WHAT TO DO: Transcribe all records exactly.
(Beginning of GIVEN RECORDS)
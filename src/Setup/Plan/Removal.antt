-- ===== src/Setup/Plan/Removal.antt =====
-- The steps of a removal by setup/src/main.rs, and that `uninstall` does them in this order.
use ak1_driver.Prelude.{
  ℕ, inl, inr, Bool, true, false, List, [], ◌∷◌, ◌++◌, Option, none, some, map, if◌then◌else◌,
  Bool-cases,
}
use ak1_driver.Setup.{
  FilePath, same_path, is_under, asio_dll, setup_program, cert_stores, Store, Request, copy_file,
  open_certificate, distrust, delete_driver, unregister, delete_uninstall_key, remove_file,
  remove_dir, spawn, delete_at_restart, System, pure, run, call, call_found, call_ignored,
}
use ak1_driver.Setup.Signing.{remove_driver_packages, distrust_in, distrust_certificate}
use ak1_driver.Setup.Install.{Facts, join, removed, handed_over}
use ak1_driver.Setup.Uninstall.{
  hand_over, unregister_dll, certificate_of, distrust_if_any, remove_all, uninstall_from,
}
use ak1_driver.Setup.Plan.{
  Does, Does-pure, Does-bind, Does-then, Does-run, Does-call, Does-call_found, Does-call_ignored,
}
use ak1_driver.Setup.Plan.Steps.{package_names, remove_driver_packages-Does}

abbrev pub unregister_steps : (exists : Bool) → FilePath → List Request
unregister_steps exists dll = if exists then unregister dll ∷ [] else []

abbrev pub distrust_steps : Option (List ℕ) → List Request
distrust_steps none = []
distrust_steps (some contents) =
    (open_certificate contents ∷ []) ++ map (λ store. distrust store contents) cert_stores

abbrev pub removal_steps : Facts → List Request
removal_steps facts =
    (remove_file facts.paths.shortcut ∷ [])
    ++ (unregister_steps facts.dll_exists (join facts.paths.programs asio_dll)
        ++ ((remove_dir facts.paths.programs ∷ [])
            ++ (map delete_driver (package_names facts.drivers)
                ++ (distrust_steps (certificate_of facts)
                    ++ ((remove_dir facts.paths.driver ∷ []) ++ (delete_uninstall_key ∷ []))))))

-- The installed program hands over to a copy, which Windows deletes at the next restart.
abbrev pub uninstall_steps : Facts → (exe : FilePath) → List Request
uninstall_steps facts exe =
    let temporary = join facts.temporary_folder setup_program in
    if is_under exe facts.paths.programs
    then copy_file exe temporary ∷ spawn temporary ∷ []
    else if same_path exe temporary
    then (delete_at_restart exe ∷ []) ++ removal_steps facts
    else removal_steps facts

module _ (system : System) where
  hand_over-Does :
      (exe temporary : FilePath)
      → Does (copy_file exe temporary ∷ spawn temporary ∷ []) (hand_over system exe temporary)
  unfolding hand_over
  hand_over-Does exe temporary =
      Does-then (copy_file exe temporary ∷ []) _ (call system (copy_file exe temporary)) _
        (Does-call system _)
        (Does-then (spawn temporary ∷ []) [] (call system (spawn temporary)) (pure handed_over)
          (Does-call system _) (Does-pure handed_over))

  unregister_dll-Does :
      (exists : Bool) (dll : FilePath)
      → Does (unregister_steps exists dll) (unregister_dll system exists dll)
  unfolding unregister_dll
  unregister_dll-Does false dll = Does-pure tt
  unregister_dll-Does true dll =
      Does-then (unregister dll ∷ []) [] (run system (unregister dll)) (pure tt) (Does-run system _)
        (Does-pure tt)

  distrust_in-Does :
      (contents : List ℕ) (stores : List Store)
      → Does (map (λ store. distrust store contents) stores) (distrust_in system stores contents)
  unfolding distrust_in
  distrust_in-Does contents [] = Does-pure tt
  distrust_in-Does contents (store ∷ stores) =
      Does-then (distrust store contents ∷ []) _ (call system (distrust store contents)) _
        (Does-call system _) (distrust_in-Does contents stores)

  distrust_if_any-Does :
      (certificate : Option (List ℕ))
      → Does (distrust_steps certificate) (distrust_if_any system certificate)
  unfolding distrust_if_any distrust_certificate
  distrust_if_any-Does none = Does-pure tt
  distrust_if_any-Does (some contents) =
      Does-then (open_certificate contents ∷ []) _ (call system (open_certificate contents)) _
        (Does-call system _) (distrust_in-Does contents cert_stores)

  remove_all-Does : (facts : Facts) → Does (removal_steps facts) (remove_all system facts)
  unfolding remove_all
  remove_all-Does facts =
      let shortcut = remove_file facts.paths.shortcut in
      let programs = remove_dir facts.paths.programs in
      let driver = remove_dir facts.paths.driver in
      let dll = join facts.paths.programs asio_dll in
      let key = delete_uninstall_key in
      Does-then (shortcut ∷ []) _ (call_found system shortcut) _ (Does-call_found system shortcut) (
        Does-then (unregister_steps facts.dll_exists dll) _
          (unregister_dll system facts.dll_exists dll) _ (unregister_dll-Does facts.dll_exists dll)
          (Does-then (programs ∷ []) _ (call_found system programs) _
            (Does-call_found system programs)
            (Does-bind (map delete_driver (package_names facts.drivers)) _
              (remove_driver_packages system facts.drivers) _
              (remove_driver_packages-Does system facts.drivers)
              (λ restart.
                Does-then (distrust_steps (certificate_of facts)) _
                  (distrust_if_any system (certificate_of facts)) _
                  (distrust_if_any-Does (certificate_of facts))
                  (Does-then (driver ∷ []) _ (call_found system driver) _
                    (Does-call_found system driver)
                    (Does-then (key ∷ []) [] (call_found system key) (pure (removed restart))
                      (Does-call_found system key) (Does-pure (removed restart))))))))

  -- Whatever Windows answers and however a removal ends, it has asked for the first of the listed steps in
  -- their order, and for all of them unless it fails.
  pub uninstall_from-Does :
      (facts : Facts) (exe : FilePath)
      → Does (uninstall_steps facts exe) (uninstall_from system facts exe)
  unfolding uninstall_from
  uninstall_from-Does facts exe =
      let temporary = join facts.temporary_folder setup_program in
      elim (Bool-cases (is_under exe facts.paths.programs)) [
        | inl e ↦ rw e (hand_over-Does exe temporary)
        | inr e ↦ rw e (elim (Bool-cases (same_path exe temporary)) [
          | inl e' ↦ rw e' (
              Does-then (delete_at_restart exe ∷ []) _ (call_ignored system (delete_at_restart exe))
                _ (Does-call_ignored system _) (remove_all-Does facts))
          | inr e' ↦ rw e' (remove_all-Does facts)
        ])
      ]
(End of GIVEN RECORDS)
SOLUTION BELOW:
filename src/Setup/Plan/Removal.antt
-- ===== src/Setup/Plan/Removal.antt =====
-- The steps of a removal by setup/src/main.rs, and that `uninstall` does them in this order.
use ak1_driver.Prelude.{
  ℕ, inl, inr, Bool, true, false, List, [], ◌∷◌, ◌++◌, Option, none, some, map, if◌then◌else◌,
  Bool-cases,
}
use ak1_driver.Setup.{
  FilePath, same_path, is_under, asio_dll, setup_program, cert_stores, Store, Request, copy_file,
  open_certificate, distrust, delete_driver, unregister, delete_uninstall_key, remove_file,
  remove_dir, spawn, delete_at_restart, System, pure, run, call, call_found, call_ignored,
}
use ak1_driver.Setup.Signing.{remove_driver_packages, distrust_in, distrust_certificate}
use ak1_driver.Setup.Install.{Facts, join, removed, handed_over}
use ak1_driver.Setup.Uninstall.{
  hand_over, unregister_dll, certificate_of, distrust_if_any, remove_all, uninstall_from,
}
use ak1_driver.Setup.Plan.{
  Does, Does-pure, Does-bind, Does-then, Does-run, Does-call, Does-call_found, Does-call_ignored,
}
use ak1_driver.Setup.Plan.Steps.{package_names, remove_driver_packages-Does}

abbrev pub unregister_steps : (exists : Bool) → FilePath → List Request
unregister_steps exists dll = if exists then unregister dll ∷ [] else []

abbrev pub distrust_steps : Option (List ℕ) → List Request
distrust_steps none = []
distrust_steps (some contents) =
    (open_certificate contents ∷ []) ++ map (λ store. distrust store contents) cert_stores

abbrev pub removal_steps : Facts → List Request
removal_steps facts =
    (remove_file facts.paths.shortcut ∷ [])
    ++ (unregister_steps facts.dll_exists (join facts.paths.programs asio_dll)
        ++ ((remove_dir facts.paths.programs ∷ [])
            ++ (map delete_driver (package_names facts.drivers)
                ++ (distrust_steps (certificate_of facts)
                    ++ ((remove_dir facts.paths.driver ∷ []) ++ (delete_uninstall_key ∷ []))))))

-- The installed program hands over to a copy, which Windows deletes at the next restart.
abbrev pub uninstall_steps : Facts → (exe : FilePath) → List Request
uninstall_steps facts exe =
    let temporary = join facts.temporary_folder setup_program in
    if is_under exe facts.paths.programs
    then copy_file exe temporary ∷ spawn temporary ∷ []
    else if same_path exe temporary
    then (delete_at_restart exe ∷ []) ++ removal_steps facts
    else removal_steps facts

module _ (system : System) where
  hand_over-Does :
      (exe temporary : FilePath)
      → Does (copy_file exe temporary ∷ spawn temporary ∷ []) (hand_over system exe temporary)
  unfolding hand_over
  hand_over-Does exe temporary =
      Does-then (copy_file exe temporary ∷ []) _ (call system (copy_file exe temporary)) _
        (Does-call system _)
        (Does-then (spawn temporary ∷ []) [] (call system (spawn temporary)) (pure handed_over)
          (Does-call system _) (Does-pure handed_over))

  unregister_dll-Does :
      (exists : Bool) (dll : FilePath)
      → Does (unregister_steps exists dll) (unregister_dll system exists dll)
  unfolding unregister_dll
  unregister_dll-Does false dll = Does-pure tt
  unregister_dll-Does true dll =
      Does-then (unregister dll ∷ []) [] (run system (unregister dll)) (pure tt) (Does-run system _)
        (Does-pure tt)

  distrust_in-Does :
      (contents : List ℕ) (stores : List Store)
      → Does (map (λ store. distrust store contents) stores) (distrust_in system stores contents)
  unfolding distrust_in
  distrust_in-Does contents [] = Does-pure tt
  distrust_in-Does contents (store ∷ stores) =
      Does-then (distrust store contents ∷ []) _ (call system (distrust store contents)) _
        (Does-call system _) (distrust_in-Does contents stores)

  distrust_if_any-Does :
      (certificate : Option (List ℕ))
      → Does (distrust_steps certificate) (distrust_if_any system certificate)
  unfolding distrust_if_any distrust_certificate
  distrust_if_any-Does none = Does-pure tt
  distrust_if_any-Does (some contents) =
      Does-then (open_certificate contents ∷ []) _ (call system (open_certificate contents)) _
        (Does-call system _) (distrust_in-Does contents cert_stores)

  remove_all-Does : (facts : Facts) → Does (removal_steps facts) (remove_all system facts)
  unfolding remove_all
  remove_all-Does facts =
      let shortcut = remove_file facts.paths.shortcut in
      let programs = remove_dir facts.paths.programs in
      let driver = remove_dir facts.paths.driver in
      let dll = join facts.paths.programs asio_dll in
      let key = delete_uninstall_key in
      Does-then (shortcut ∷ []) _ (call_found system shortcut) _ (Does-call_found system shortcut) (
        Does-then (unregister_steps facts.dll_exists dll) _
          (unregister_dll system facts.dll_exists dll) _ (unregister_dll-Does facts.dll_exists dll)
          (Does-then (programs ∷ []) _ (call_found system programs) _
            (Does-call_found system programs)
            (Does-bind (map delete_driver (package_names facts.drivers)) _
              (remove_driver_packages system facts.drivers) _
              (remove_driver_packages-Does system facts.drivers)
              (λ restart.
                Does-then (distrust_steps (certificate_of facts)) _
                  (distrust_if_any system (certificate_of facts)) _
                  (distrust_if_any-Does (certificate_of facts))
                  (Does-then (driver ∷ []) _ (call_found system driver) _
                    (Does-call_found system driver)
                    (Does-then (key ∷ []) [] (call_found system key) (pure (removed restart))
                      (Does-call_found system key) (Does-pure (removed restart))))))))

  -- Whatever Windows answers and however a removal ends, it has asked for the first of the listed steps in
  -- their order, and for all of them unless it fails.
  pub uninstall_from-Does :
      (facts : Facts) (exe : FilePath)
      → Does (uninstall_steps facts exe) (uninstall_from system facts exe)
  unfolding uninstall_from
  uninstall_from-Does facts exe =
      let temporary = join facts.temporary_folder setup_program in
      elim (Bool-cases (is_under exe facts.paths.programs)) [
        | inl e ↦ rw e (hand_over-Does exe temporary)
        | inr e ↦ rw e (elim (Bool-cases (same_path exe temporary)) [
          | inl e' ↦ rw e' (
              Does-then (delete_at_restart exe ∷ []) _ (call_ignored system (delete_at_restart exe))
                _ (Does-call_ignored system _) (remove_all-Does facts))
          | inr e' ↦ rw e' (remove_all-Does facts)
        ])
      ]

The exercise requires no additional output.